Cristo se somete al bautismo de Juan como signo de su acogida del enviado del Padre como su precursor, y en eso consiste la justicia de los justos ante Dios, de la que se privan los escribas y fariseos al rechazarlo (cf. Lc 7,30). No la justicia de los jueces, sino la justicia de los justos, como acogida del don gratuito de Dios.

«Vino para ser testimonio de la luz, a fin de que todos creyesen por él» (Jn 1,7s). La misión de Juan como profeta y “más que un profeta” no es solo la de anunciar, sino la de identificar al Siervo, señalándolo entre los hombres: «He ahí el Cordero de Dios, que quita el pecado del mundo.» Hay que recordar que con una misma palabra designamos al siervo y al cordero. Ambos toman sobre sí los pecados del pueblo para santificarlo.

Para el desempeño de su misión, Dios mismo va a revelar a Juan, en medio de las aguas del Jordán, quién es su Elegido: «He visto al Espíritu que bajaba como una paloma del cielo y se quedaba sobre él; ése es el que bautiza con Espíritu Santo; ése es el Elegido de Dios.» Ya en tiempos de Noé, sobre las aguas mortales descendió una paloma, pero regresó sin encontrar a nadie digno sobre quien posarse para dar vida a la nueva humanidad.

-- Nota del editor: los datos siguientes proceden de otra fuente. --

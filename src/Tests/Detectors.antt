-- ===== src/Tests/Detectors.antt =====
-- A window of two intervals, and a peer that falls silent.
use dfs_go.Common.{
  ℕ, ◌≡◌, ◌≤◌, refl, Option, List, [], ◌∷◌, true, some, none, string_discrete, arith, length, ◌-◌,
}
use dfs_go.Failure.{
  Config, PeerWindow, HeartbeatService, new_peer_window, new_heartbeat_service, entry, dead,
  record_heartbeat, record_arrival, arrive, push_interval, heard, remove_peer, reap_peer, phi,
  window_phi, watch, to_suspect, to_dead, transition,
}
use dfs_go.Common.Assoc.{insert}
use mathlib.Core.List.{lookup}
use mathlib.Core.Option
use dfs_go.Failure.Ring.{latest}
use dfs_go.Failure.Window.{record_all, gaps, contents, record_all-latest}
use dfs_go.Failure.Lifecycle.{Input, beat, look, run, step}
use dfs_go.Failure.Story.{Died, dead-Died}

abbrev arrivals : List ℕ
arrivals = 6000000 ∷ 8000000 ∷ 13000000 ∷ []

record_all-latest_example :
    (w : PeerWindow) × (record_all (1000000 ∷ arrivals) (new_peer_window 2) ≡ some w)
    × (contents w ≡ latest 2 (gaps 1000000 arrivals))
    × (w.count ≤ 2)
    × (length w.intervals ≡ 2)
record_all-latest_example = record_all-latest 2 1000000 arrivals (omega arith)

kept_intervals : latest 2 (gaps 1000000 arrivals) ≡ 2 ∷ 5 ∷ []
unfolding gaps
kept_intervals = refl

abbrev slow : Config
slow = record { heartbeat_interval = 5; suspect_threshold = 8; dead_timeout = 30; window_size = 4 }

-- the milliseconds since the last arrival, for want of a distribution
abbrev silence : List ℕ → Option ℕ → ℕ → ℕ
silence intervals none now = 0
silence intervals (some last) now = now - last

abbrev past : List Input
past =
    look "a" 60
    ∷ look "a" 30
    ∷ beat "b" 15
    ∷ look "a" 10
    ∷ beat "a" 3
    ∷ beat "a" 2
    ∷ beat "a" 1
    ∷ []

abbrev start : HeartbeatService
start = new_heartbeat_service slow "me" true true

abbrev ending : Option HeartbeatService → HeartbeatService
ending none = start
ending (some hs) = hs

abbrev final : HeartbeatService
final = ending (run silence start past)

runs : run silence start past ≡ some final
unfolding run step record_heartbeat record_arrival arrive push_interval heard remove_peer reap_peer
    phi window_phi watch transition to_suspect to_dead new_heartbeat_service new_peer_window
    Option.bind string_discrete lookup insert
runs = refl

falls_silent : (entry final "a").state ≡ dead
unfolding run step record_heartbeat record_arrival arrive push_interval heard remove_peer reap_peer
    phi window_phi watch transition to_suspect to_dead new_heartbeat_service new_peer_window
    Option.bind string_discrete lookup insert
falls_silent = refl

dead-Died_example : Died silence start "a" past (entry final "a").suspect_since
dead-Died_example = dead-Died silence slow "me" "a" true true past final runs falls_silent
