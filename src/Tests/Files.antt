-- ===== src/Tests/Files.antt =====
-- A file of five bytes in chunks of two, and manifests of three and four chunks.
use dfs_go.Common.{
  ℕ, ◌%◌, ◌<◌, ◌≡◌, refl, true, IsDistinct, String, Option, List, [], ◌∷◌, ◌++◌, false, some, none,
  arith, All, length, contains, ℕ_discrete, total, decimal, if◌then◌else◌, test, string_discrete,
}
use dfs_go.Ipc.Words.{pos}
use dfs_go.Chunker.{
  Chunk, ChunkInfo, eof, end_error, missing_chunk, chunk_reader, nominal_size, reassemble,
  verify_merkle_root,
}
use dfs_go.Chunker.Parts.{IsPart}
use dfs_go.Chunker.Order.{indexes}
use dfs_go.Chunker.RoundTrip.{append, reassemble-chunk_reader, reassemble_missing}
use dfs_go.Chunker.Root.{verify_merkle_root_repeat}
use mathlib.Core.List.{Perm}

-- a stand-in for SHA-256: one byte, the sum of all
abbrev sum : List ℕ → List ℕ
sum bytes = (total (λ b. b) bytes % 256) ∷ []

abbrev file : List ℕ
file = 10 ∷ 11 ∷ 12 ∷ 13 ∷ 14 ∷ []

reassemble-chunk_reader_example :
    (cs : List Chunk) × (chunk_reader sum (pos 2) file eof ≡ some (cs, end_error eof (length cs)))
    × All (IsPart sum (nominal_size (pos 2))) cs
    × ((ps : List Chunk) (dst : List ℕ)
        → Perm cs ps
        → reassemble append ps dst ≡ (none, dst ++ file))
reassemble-chunk_reader_example = reassemble-chunk_reader sum (pos 2) file eof

abbrev piece : ℕ → Chunk
piece i = record { index = i; hash = []; size = 1; bytes = i ∷ [] }

skips_one : contains ℕ_discrete (indexes (piece 2 ∷ piece 0 ∷ [])) 1 ≡ false
unfolding contains ℕ_discrete
skips_one = refl

reassemble_missing_example :
    (k : ℕ) × (reassemble append (piece 2 ∷ piece 0 ∷ []) [] ≡ (some (missing_chunk k), []))
    × ((j : ℕ) → j < k → contains ℕ_discrete (indexes (piece 2 ∷ piece 0 ∷ [])) j ≡ true)
    × (IsDistinct ℕ_discrete (indexes (piece 2 ∷ piece 0 ∷ []))
        → contains ℕ_discrete (indexes (piece 2 ∷ piece 0 ∷ [])) k ≡ false)
reassemble_missing_example =
    reassemble_missing append (piece 2 ∷ piece 0 ∷ []) [] 1 (omega arith) skips_one

abbrev info : ℕ → String → ChunkInfo
info i hash = record { index = i; hash = hash; size = 4; enc_hash = hash; compressed = false }

abbrev text_bytes : String → List ℕ
text_bytes s = if test (string_discrete s "aa") then 1 ∷ [] else 2 ∷ []

abbrev no_hex : String → Option (List ℕ)
no_hex s = none

abbrev first_byte : List ℕ → String
first_byte [] = ""
first_byte (b ∷ bs) = decimal b

abbrev two : List ChunkInfo
two = info 0 "aa" ∷ info 1 "bb" ∷ []

verify_merkle_root_repeat_example :
    verify_merkle_root sum text_bytes first_byte no_hex
      (two ++ (info 2 "cc" ∷ info 2 "cc" ∷ []))
      "3"
    ≡ verify_merkle_root sum text_bytes first_byte no_hex (two ++ (info 2 "cc" ∷ [])) "3"
verify_merkle_root_repeat_example =
    verify_merkle_root_repeat sum text_bytes first_byte no_hex two (info 2 "cc") "3" refl
      (omega arith)
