-- ===== src/Tests/Gossips.antt =====
-- A new node that hears of two others.
use dfs_go.Common.{[], ◌∷◌, true, All}
use dfs_go.Membership.{alive, dead, NodeInfo, new}
use dfs_go.Gossip.{GossipService, MessageGossipDigest, MessageGossipResponse, handle_response}
use dfs_go.Gossip.Learns.{Learnt, Grows, handle_response-Learnt}

abbrev node : GossipService
node = record {
  fan_out = 2;
  self_addr = "s";
  self_fingerprint = "f";
  has_on_new_peer = true;
  cluster = new "s" 8;
  dialled = [];
}

abbrev asked : MessageGossipDigest
asked = record {
  from = "p";
  digests =
      record { addr = "p"; state = alive; generation = 5 }
      ∷ record { addr = "q"; state = dead; generation = 3 }
      ∷ [];
}

abbrev other : NodeInfo
other = record {
  addr = "q";
  state = alive;
  generation = 4;
  last_updated = 7;
  metadata = ("fingerprint", "g") ∷ [];
}

abbrev answer : MessageGossipResponse
answer = record {
  from = "p";
  full = other ∷ [];
  my_digest = record { addr = "p"; state = alive; generation = 6 } ∷ [];
}

handle_response-Learnt_example :
    All (λ info. Learnt node (handle_response 9 answer node).cluster info) (other ∷ [])
    × Grows (new "s" 8) (handle_response 9 answer node).cluster
handle_response-Learnt_example = handle_response-Learnt 9 answer node
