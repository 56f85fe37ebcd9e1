-- ===== src/Tests/Hints.antt =====
-- A store with two hints for one target, over a disk that is a list of files.
use Prim.Native.String
use mathlib.Core.List.{lookup}
use dfs_go.Common.{
  ◌≡◌, refl, String, List, [], ◌∷◌, Bool, true, false, some, string_discrete, arith, test, total,
  All, contains, inl,
}
use dfs_go.Handoff.{not_exist, Hint, Os, Store, hints_of, add_hint, delete_hint, deliver_pending}
use dfs_go.Handoff.Accounting.{IsSound, Step, Steps, Steps-IsSound}
use dfs_go.Handoff.Deliver.{outcome, deliver_pending-outcome}

abbrev Files : Type 0
Files = List (String × List Hint)

abbrev files : Os Files (List Hint)
files = record {
  mkdir_all = λ disk dir. some disk;
  write_file = λ disk path text. ((path, text) ∷ disk, true);
  remove = λ disk path. disk;
  read_dir = λ disk dir. inl not_exist;
  read_file = λ disk path. lookup string_discrete path disk;
  marshal = λ hs. some hs;
  unmarshal = λ hs. some hs;
  join = λ dir name. String.◌++◌ dir name;
  has_suffix = λ name suffix. false;
}

abbrev first : Hint
first = record { key = "k1"; target_addr = "t"; data_size = 10; created_at = 1; attempts = 0 }

abbrev second : Hint
second = record { key = "k2"; target_addr = "t"; data_size = 20; created_at = 2; attempts = 1 }

abbrev third : Hint
third = record { key = "k3"; target_addr = "t"; data_size = 5; created_at = 3; attempts = 0 }

abbrev store : Store Files
store = record {
  hints = ("t", first ∷ second ∷ []) ∷ [];
  disk = [];
  dir = "hints/";
  max_hints = 2;
  max_age = 100;
  total_data_size = 30;
  max_data_size = 40;
}

store-IsSound : IsSound store
store-IsSound = record {
  some_hint = omega arith;
  bounded = omega arith;
  capped = (omega arith, tt);
  counted = unfold total in omega arith;
  in_budget = omega arith;
}

abbrev added : Store Files
added = (add_hint files store third).0

Steps-IsSound_example : IsSound (delete_hint files added "t" "k2").0
Steps-IsSound_example =
    Steps-IsSound files
      (Steps.next
        (Steps.next (Steps.done store) (Step.added store third (omega arith) (omega arith)))
        (Step.deleted added "t" "k2"))
      store-IsSound

-- only the first hint arrives
abbrev deliver : Hint → Bool
deliver h = test (string_discrete h.key "k1")

filed : All (λ h. h.target_addr ≡ "t") (hints_of store "t")
unfolding hints_of lookup string_discrete
filed = (refl, (refl, tt))

deliver_pending-outcome_example :
    (hints_of (deliver_pending files deliver "t" store) "t" ≡ outcome deliver (hints_of store "t"))
    × ((q : String)
        → ¬ ("t" ≡ q)
        → hints_of (deliver_pending files deliver "t" store) q ≡ hints_of store q)
deliver_pending-outcome_example = deliver_pending-outcome files deliver "t" store filed (
    unfold hints_of in
    unfold lookup in unfold contains in unfold string_discrete in (refl, (refl, tt)))
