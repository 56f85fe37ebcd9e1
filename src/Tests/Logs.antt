-- ===== src/Tests/Logs.antt =====
-- The log of a download of three chunks, of which two have arrived.
use dfs_go.Common.{
  ℕ, ◌≡◌, refl, String, string_discrete, List, [], ◌∷◌, true, false, Option, none, some, inr, arith,
  contains, ℕ_discrete, test, if◌then◌else◌, decimal,
}
use dfs_go.Ipc.Words.{ℤ, pos}
use dfs_go.Resume.{Header, Sidecar, Disk, open_sidecar, matches}
use dfs_go.Resume.Log.{record_all, started, open_sidecar-record_all}

abbrev header : Header
header = record {
  storage_key = "k";
  total_chunks = 3;
  total_size = 10;
  chunk_size = 4;
  merkle_root = "r";
  created_at = 7;
}

abbrev marshal : Header → String
marshal h = "{}"

abbrev unmarshal : String → Option Header
unmarshal s = some header

abbrev atoi : String → Option ℤ
atoi s =
    if test (string_discrete s "0")
    then some (pos 0)
    else if test (string_discrete s "2")
    then some (pos 2)
    else none

abbrev disk : Disk
disk = record { files = []; refuses = λ p. false; full = λ p. false; unreadable = λ p. false }

zero_spelt : atoi (decimal 0) ≡ some (pos 0)
unfolding decimal string_discrete
zero_spelt = refl

two_spelt : atoi (decimal 2) ≡ some (pos 2)
unfolding decimal string_discrete
two_spelt = refl

open_sidecar-record_all_example :
    (s : Sidecar) × (claimed : List ℕ) × ((started marshal unmarshal atoi "f" header disk).0
      ≡ some s)
    × (open_sidecar marshal unmarshal atoi "f"
          (record_all (2 ∷ 0 ∷ []) s (started marshal unmarshal atoi "f" header disk).1)
        ≡ inr (some (s, claimed)))
    × (matches "k" "r" 3 10 s ≡ true)
    × ((k : ℕ) → contains ℕ_discrete claimed k ≡ contains ℕ_discrete (2 ∷ 0 ∷ []) k)
open_sidecar-record_all_example =
    open_sidecar-record_all marshal unmarshal atoi "f" header (2 ∷ 0 ∷ []) disk refl refl refl refl
      ((omega arith, two_spelt), ((omega arith, zero_spelt), tt))
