-- ===== src/Rds/Config/Defaults.antt =====
-- What `resolveSpec` of the RDS provider accepts, and the defaults that it puts in.
use componator_aws_providers.Prelude.{◌≡◌, ◌≢◌, ◌↔◌, true, false, some, arith, eq_iff}
use componator_aws_providers.Go.Flow.{ok}
use componator_aws_providers.Rds.Config.{RdsConfig, fill_defaults, resolve_spec}

-- What a configuration has to have.
pub record IsAcceptable (c : RdsConfig) : Type 0 where
  pub identified : c.instance_id ≢ ""
  pub owned : c.master_username ≢ ""
  pub managed : c.manage_master_user_password ≢ some false

-- `resolveSpec` accepts exactly the configurations with an instance identifier and a master user
-- name that do not switch managed passwords off; what it accepts gets its defaults.
pub resolve_spec-IsAcceptable :
    (c d : RdsConfig) → (resolve_spec c ≡ ok d) ↔ (IsAcceptable c × (d ≡ fill_defaults c))
unfolding resolve_spec
resolve_spec-IsAcceptable c d = (
  λ h. (
    record {
      identified = λ e. ground (arith, (eq_iff c.instance_id "").1 e);
      owned = λ e. ground (arith, (eq_iff c.master_username "").1 e);
      managed = λ e. ground (arith, e);
    },
    ground arith,
  ),
  λ (v, e). ground (
    arith,
    v.identified,
    v.owned,
    v.managed,
    eq_iff c.instance_id "",
    eq_iff c.master_username "",
  ),
)

-- A resolved configuration resolves to itself.
pub resolve_spec_idem : (c d : RdsConfig) → resolve_spec c ≡ ok d → resolve_spec d ≡ ok d
unfolding resolve_spec
resolve_spec_idem c d h = ground (arith, eq_iff c.storage_type "")

-- Unless the configuration says otherwise, an accepted instance is encrypted, not public, protected
-- from deletion, and leaves a final snapshot; its password is always managed by RDS. What the
-- configuration says of these is kept.
pub record IsSafe (c d : RdsConfig) : Type 0 where
  pub managed : d.manage_master_user_password ≡ some true
  pub encrypted : c.storage_encrypted ≢ some false → d.storage_encrypted ≡ some true
  pub private : c.publicly_accessible ≢ some true → d.publicly_accessible ≡ some false
  pub protected : c.deletion_protection ≢ some false → d.deletion_protection ≡ some true
  pub snapshot : c.skip_final_snapshot ≢ some true → d.skip_final_snapshot ≡ some false
  pub unencrypted : c.storage_encrypted ≡ some false → d.storage_encrypted ≡ some false
  pub public : c.publicly_accessible ≡ some true → d.publicly_accessible ≡ some true
  pub unprotected : c.deletion_protection ≡ some false → d.deletion_protection ≡ some false
  pub no_snapshot : c.skip_final_snapshot ≡ some true → d.skip_final_snapshot ≡ some true

-- An accepted configuration is as safe as it says, and safe where it says nothing: see `IsSafe`.
pub resolve_spec-IsSafe : (c d : RdsConfig) → resolve_spec c ≡ ok d → IsSafe c d
unfolding resolve_spec
resolve_spec-IsSafe c d h = record {
  managed = ground arith;
  encrypted = λ n. ground arith;
  private = λ n. ground arith;
  protected = λ n. ground arith;
  snapshot = λ n. ground arith;
  unencrypted = λ e. ground arith;
  public = λ e. ground arith;
  unprotected = λ e. ground arith;
  no_snapshot = λ e. ground arith;
}
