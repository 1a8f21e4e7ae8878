-- ===== src/Rds/Errors/Search.antt =====
-- When an error says that the instance is being deleted.
use componator_aws_providers.Prelude.{
  ℕ, ◌≡◌, refl, ap, ◌↔◌, inl, inr, Bool, true, false, some, List, [], ◌∷◌, ◌++◌, map, ◌&&◌, arith,
  Bool-cases, Option-cases,
}
use componator_aws_providers.Go.{Exception, SdkError, GoError, as_sdk}
use componator_aws_providers.Aws.{is_exception}
use componator_aws_providers.Rds.Errors.{
  codes, to_lower, is_prefix, contains, being_deleted, is_instance_already_being_deleted_error,
}

is_prefix_split : (p s : List ℕ) → is_prefix p s ≡ true → (post : List ℕ) × (s ≡ p ++ post)
unfolding is_prefix
is_prefix_split [] s h = (s, refl)
is_prefix_split (c ∷ p) [] h = cc
is_prefix_split (c ∷ p) (d ∷ s) h =
    let (post, e) = is_prefix_split p s (ground arith) in (post, ground (arith, e))

is_prefix-append : (p post : List ℕ) → is_prefix p (p ++ post) ≡ true
unfolding is_prefix
is_prefix-append [] post = refl
is_prefix-append (c ∷ p) post = ground (arith, is_prefix-append p post)

contains_split :
    (s p : List ℕ) → contains s p ≡ true → (pre post : List ℕ) × (s ≡ pre ++ (p ++ post))
unfolding contains
contains_split [] p h = let (post, e) = is_prefix_split p [] h in ([], post, e)
contains_split (c ∷ s) p h = elim (Bool-cases (is_prefix p (c ∷ s))) [
  | inl here ↦ let (post, e) = is_prefix_split p (c ∷ s) here in ([], post, e)
  | inr later ↦
      let (pre, post, e) = contains_split s p (ground arith) in (c ∷ pre, post, ap (◌∷◌ c) e)
]

contains-append : (pre p post : List ℕ) → contains (pre ++ (p ++ post)) p ≡ true
unfolding contains
contains-append [] p post = start (p ++ post) p (is_prefix-append p post)
  where
    start : (s q : List ℕ) → is_prefix q s ≡ true → contains s q ≡ true
    start [] q h = h
    start (c ∷ s) q h = rw h
contains-append (c ∷ pre) p post = ground (arith, contains-append pre p post)

-- The SDK error says that the instance is being deleted: it is an invalid instance state, and its
-- message has that text, in capitals or not, somewhere in it.
abbrev pub SaysBeingDeleted : SdkError → Type 0
SaysBeingDeleted x =
    (x.exception ≡ Exception.invalid_db_instance_state)
    × ((pre post : List ℕ) × (map to_lower (codes x.message)
          ≡ pre ++ (codes "already being deleted" ++ post)))

is_exception-invalid_state :
    (x : Exception)
    → is_exception Exception.invalid_db_instance_state x ≡ true
    → x ≡ Exception.invalid_db_instance_state
is_exception-invalid_state Exception.no_such_entity h = cc
is_exception-invalid_state Exception.resource_not_found h = cc
is_exception-invalid_state Exception.db_instance_not_found h = cc
is_exception-invalid_state Exception.invalid_db_instance_state h = refl
is_exception-invalid_state Exception.other h = cc

and_true : (a b : Bool) → (a && b) ≡ true → (a ≡ true) × (b ≡ true)
and_true true b h = (refl, h)
and_true false b h = cc

being_deleted_found : (x : SdkError) → being_deleted (some x) ≡ true → SaysBeingDeleted x
being_deleted_found x h =
    let (state, found) = and_true _ _ h in
    (is_exception-invalid_state x.exception state, contains_split _ _ found)

being_deleted_of : (x : SdkError) → SaysBeingDeleted x → being_deleted (some x) ≡ true
being_deleted_of x (state, (pre, post, e)) =
    simp (state, e, is_exception, contains-append pre (codes "already being deleted") post)

-- An error counts as "already being deleted" exactly if an SDK error is found in its chain that is
-- an invalid instance state, and whose message has that text, in capitals or not, somewhere in it.
pub already_being_deleted_iff :
    (e : GoError)
    → (is_instance_already_being_deleted_error (some e) ≡ true)
      ↔ ((x : SdkError) × (as_sdk e ≡ some x) × SaysBeingDeleted x)
unfolding is_instance_already_being_deleted_error
already_being_deleted_iff error = (there, back)
  where
    there :
        being_deleted (as_sdk error) ≡ true
        → ((x : SdkError) × (as_sdk error ≡ some x) × SaysBeingDeleted x)
    there h = elim (Option-cases (as_sdk error)) [
      | inl nothing ↦ absurd (ground (arith, rw nothing at h))
      | inr (x, e) ↦ (x, e, being_deleted_found x (rw e at h))
    ]

    back :
        ((x : SdkError) × (as_sdk error ≡ some x) × SaysBeingDeleted x)
        → being_deleted (as_sdk error) ≡ true
    back (x, found, says) = rw found (being_deleted_of x says)
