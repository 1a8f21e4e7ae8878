-- ===== src/Rds/Health/Agreement.antt =====
-- How the deployment check and the health check judge one instance.
use componator_aws_providers.Prelude.{
  String, ◌≡◌, refl, sym, ap, ◌∙◌, Bool, true, false, ◌||◌, Option, none, some, List, All, ◌==◌,
  if◌then◌else◌, arith, eq_iff,
}
use componator_aws_providers.Prelude.Texts.{mem, mem_all}
use componator_aws_providers.Go.Flow.{ok, rescue, continue, merge}
use componator_aws_providers.Aws.{Checker}
use componator_aws_providers.Toolkit.{
  CheckResult, check_complete, check_result_for_error, HealthCheckResult, health_check_healthy,
  health_check_degraded,
}
use componator_aws_providers.Rds.Conversion.{string_value}
use componator_aws_providers.Rds.Status
use componator_aws_providers.Rds.Config.{RdsConfig, RdsStatus}
use componator_aws_providers.Rds.Client.{DbInstance, RdsClient}
use componator_aws_providers.Rds.Calls.{get_instance_data, update_status_from_instance}
use componator_aws_providers.Rds.Operations.{connectable, broken, applied_by_status, check_applied}
use componator_aws_providers.Rds.Health.{operational, health_by_status, check_health}

abbrev pub is_complete : CheckResult RdsStatus → Bool
is_complete (check_complete s m) = true
is_complete _ = false

abbrev pub is_error : CheckResult RdsStatus → Bool
is_error (check_result_for_error s e c) = true
is_error _ = false

abbrev pub is_healthy : HealthCheckResult → Bool
is_healthy (health_check_healthy m) = true
is_healthy _ = false

-- The reason of a degraded component.
abbrev pub reason : HealthCheckResult → Option String
reason (health_check_degraded r m) = some r
reason _ = none

operational_iff : (s : String) → mem s operational ≡ (mem s connectable || s == Status.modifying)
unfolding mem
operational_iff s = ground (arith, eq_iff Status.modifying s, eq_iff s Status.modifying)

health-operational : (id s : String) → is_healthy (health_by_status id s) ≡ mem s operational
unfolding health_by_status
health-operational id s = ground arith

module _ {W : Type 0} (checkers : List Checker) (client : RdsClient W) where
  applied-connectable :
      (id : String) (s : RdsStatus)
      → is_complete (applied_by_status checkers client id s) ≡ mem s.instance_status connectable
  unfolding applied_by_status
  applied-connectable id s = ground arith

  judged_alike :
      (id : String) (s : RdsStatus)
      → is_healthy (health_by_status id s.instance_status) ≡ (
          is_complete (applied_by_status checkers client id s)
          || s.instance_status == Status.modifying)
  judged_alike id s =
      health-operational id s.instance_status
      ∙ operational_iff s.instance_status
      ∙ ap (λ b. b || s.instance_status == Status.modifying) (sym (applied-connectable id s))

  -- In one world, where the look-up finds the instance, the health check finds it healthy exactly
  -- if the deployment check finds it complete or its status is "modifying"; both read only what the
  -- look-up reads.
  pub check_health-check_applied :
      (spec : RdsConfig) (status : RdsStatus) (i : DbInstance) (w : W)
      → (get_instance_data client spec.instance_id w).0 ≡ ok (some i)
      → let health = check_health checkers client spec w in
        let applied = check_applied checkers client spec status w in
        (is_healthy health.0
          ≡ (is_complete applied.0 || string_value i.db_instance_status == Status.modifying))
        × (health.1 ≡ applied.1)
  unfolding check_health check_applied update_status_from_instance
  check_health-check_applied spec status i w found =
      rw (found, rescue, continue, merge)
        (judged_alike spec.instance_id (update_status_from_instance status (some i)), refl)

  -- Where the look-up finds no instance, the deployment check gives an error and the health check a
  -- degraded component, with the reason that the instance was deleted.
  pub check_health_missing :
      (spec : RdsConfig) (status : RdsStatus) (w : W)
      → (get_instance_data client spec.instance_id w).0 ≡ ok none
      → (is_error (check_applied checkers client spec status w).0 ≡ true)
        × (reason (check_health checkers client spec w).0 ≡ some "InstanceDeleted")
  unfolding check_health check_applied
  check_health_missing spec status w found = rw (found, rescue, continue, merge) (refl, refl)

  error-broken :
      (id : String) (s : RdsStatus)
      → is_error (applied_by_status checkers client id s) ≡ true
      → mem s.instance_status broken ≡ true
  unfolding applied_by_status
  error-broken id s h = ground arith

  -- The reason for which a status that fails a deployment is degraded.
  abbrev reason_of_broken : String → String
  reason_of_broken s =
      if s == Status.storage_full
      then "StorageFull"
      else if s == Status.stopped || s == Status.stopping
      then "Stopped"
      else "Failed"

  abbrev pub HasReason : String → String → Type 0
  HasReason id s = reason (health_by_status id s) ≡ some (reason_of_broken s)

  broken_reasons : (id : String) → All (HasReason id) broken
  unfolding health_by_status mem
  broken_reasons id =
      (refl, (refl, (refl, (refl, (refl, (refl, (refl, (refl, (refl, (refl, tt))))))))))

  -- A status that fails a deployment is degraded to the health check: for "StorageFull" if it is
  -- "storage-full", for "Stopped" if it is "stopped" or "stopping", and for "Failed" otherwise.
  pub broken_reason :
      (id : String) (s : RdsStatus)
      → is_error (applied_by_status checkers client id s) ≡ true
      → HasReason id s.instance_status
  broken_reason id s h =
      mem_all (HasReason id) s.instance_status broken (broken_reasons id) (error-broken id s h)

Ahora, el Espíritu, que se cernía sobre las aguas ya en la primera creación, se posa sobre Cristo para que de las aguas de la muerte surja de Él la Nueva Creación.

También nosotros hemos sido llamados a un testimonio, y también el Señor nos acompaña, confirmando nuestras palabras como precursores —y más que precursores— suyos en esta generación, con los signos de su presencia, sosteniéndonos con su cuerpo y con su sangre.         

Que así sea.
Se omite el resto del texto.